Application of Account to Pay Expenses. The Administrator may direct the Trustee through the Trustee’s internet application for Employers to use amounts held in the Revenue Credit Account to reimburse the Employer for fees and expenses associated with services provided to the Plan, or to pay vendors, including the Trustee or third parties, directly. Notwithstanding the foregoing, the Revenue Credit Account may not be used to offset, reimburse or pay: (1) expenses that have been deducted from Participant accounts or (2) expenses that are accrued in the net asset value or mil rate of an investment option. Upon receipt of payment instructions in good order, the Trustee shall redeem shares or units of investment options held in the Revenue Credit Account necessary to make such payments and shall issue payment as soon as administratively feasible thereafter (typically within 5 business days). The Trustee shall not be liable for, nor shall it be responsible for separately including in any payment, any late charges, interest or penalties that may accrue owing to untimely





submission to the Trustee of directions in good order or Trustee’s processing of any payment instructions in accordance herewith. A direction from the Administrator to pay expenses shall constitute a representation to Trustee that the Administrator has concluded that the payments are permissible under the Plan and meet the requirements of applicable laws, including ERISA and the Code.
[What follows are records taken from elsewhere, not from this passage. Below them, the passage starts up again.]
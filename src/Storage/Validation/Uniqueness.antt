-- ===== src/Storage/Validation/Uniqueness.antt =====
-- src/storage/validation/uniqueness.rs
pub mod Distinct
pub mod Parts
pub mod Texts
pub mod Keys
pub mod Apart
use dirbase.Prelude.{
  String, Bool, true, false, ◌||◌, Option, none, some, List, [], ◌∷◌, any, map, str_eq,
  if◌then◌else◌, and_then,
}
use dirbase.BTreeMap
use dirbase.Error.{AppError, app_error, bad_request, Result, ok, err, ◌>>◌}
use dirbase.Json.{Json, as_object, is_null}
use dirbase.Runtime.{Runtime, Value}
use dirbase.Text.{format, join}
use dirbase.Text.Decimal.{show_bool}
use dirbase.Schema.Types.{DeclaredTableSchema}

-- `set.contains(key)`, over the keys inserted so far.
abbrev pub contains : List String → String → Bool
contains seen key = any (λ s. str_eq s key) seen

-- The two errors.
duplicate_key : String → String → AppError
duplicate_key resource primary_key =
    app_error bad_request
      (format ("Resource '" ∷ resource ∷ "' has duplicate primary key '" ∷ primary_key ∷ "'" ∷ []))

violated : String → List String → AppError
violated resource columns = app_error bad_request (
    format (
      "Resource '" ∷ resource ∷ "' violates unique constraint on '" ∷ join ", " columns ∷ "'" ∷ []))

-- The loop over the rows: a row without a key is skipped, and a key seen before is an error.
unfoldable pub all_new : AppError → List String → List (Option String) → Result (Unit {0}) AppError
all_new error seen [] = ok tt
all_new error seen (none ∷ keys) = all_new error seen keys
all_new error seen (some key ∷ keys) =
    if contains seen key then err error else all_new error (key ∷ seen) keys

module _ ⦃rt : Runtime⦄ where
  unfoldable pub unique_value_key : Value → String
  unique_value_key (Json.string s) = format ("s:" ∷ s ∷ [])
  unique_value_key (Json.number n) = format ("n:" ∷ rt.number_text n ∷ [])
  unique_value_key (Json.bool b) = format ("b:" ∷ show_bool b ∷ [])
  unique_value_key Json.null = "null"
  unique_value_key (Json.array vs) = format ("j:" ∷ rt.json_text (Json.array vs) ∷ [])
  unique_value_key (Json.object fs) = format ("j:" ∷ rt.json_text (Json.object fs) ∷ [])

  -- The key of a value that is present and not null.
  key_of : Option Value → Option String
  key_of none = none
  key_of (some value) = if is_null value then none else some (unique_value_key value)

  abbrev cons_part : Option String → Option (List String) → Option (List String)
  cons_part none parts = none
  cons_part (some part) none = none
  cons_part (some part) (some parts) = some (part ∷ parts)

  parts_of : BTreeMap.BTreeMap Value → List String → Option (List String)
  unfolding key_of
  parts_of object [] = some []
  parts_of object (column_name ∷ columns) =
      cons_part (key_of (BTreeMap.get object column_name)) (parts_of object columns)

  abbrev joined : Option (List String) → Option String
  joined none = none
  joined (some parts) = some (join "\u{1f}" parts)

  -- The key of a row under a constraint: none if a column is missing or null.
  unfoldable pub constraint_key : List String → Value → Option String
  unfolding parts_of
  constraint_key constraint row =
      and_then (as_object row) (λ object. joined (parts_of object constraint))

  unfoldable pub primary_key_of : String → Value → Option String
  unfolding key_of
  primary_key_of primary_key row =
      key_of (and_then (as_object row) (λ object. BTreeMap.get object primary_key))

  check_constraints : String → List Value → List (List String) → Result (Unit {0}) AppError
  unfolding violated all_new constraint_key
  check_constraints resource array [] = ok tt
  check_constraints resource array (constraint ∷ constraints) = do
    all_new (violated resource constraint) [] (map (constraint_key constraint) array)
    check_constraints resource array constraints

  unfoldable pub validate_unique_constraints :
      String → List Value → DeclaredTableSchema → Result (Unit {0}) AppError
  unfolding check_constraints
  validate_unique_constraints resource array table = check_constraints resource array table.unique

  check_primary_key : String → List Value → Option String → Result (Unit {0}) AppError
  unfolding duplicate_key
  check_primary_key resource array none = ok tt
  check_primary_key resource array (some primary_key) =
      all_new (duplicate_key resource primary_key) [] (map (primary_key_of primary_key) array)

  unfoldable pub validate_primary_key_uniqueness :
      String → List Value → DeclaredTableSchema → Result (Unit {0}) AppError
  unfolding check_primary_key
  validate_primary_key_uniqueness resource array table =
      check_primary_key resource array table.primary_key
To the extent to which there was an immediately preceding credit program established under this Agreement, no amounts under that immediately preceding program shall continue to accrue after the date on which the provisions of this Participant Revenue Credit are originally effective (the “PRC Date”); however, to the extent there are any unused amounts in such preceding program as of the PRC Date the procedures for utilization of such amounts shall be those in effect under the Agreement prior to the PRC Date until such amounts are expired or used in their entirety, as applicable.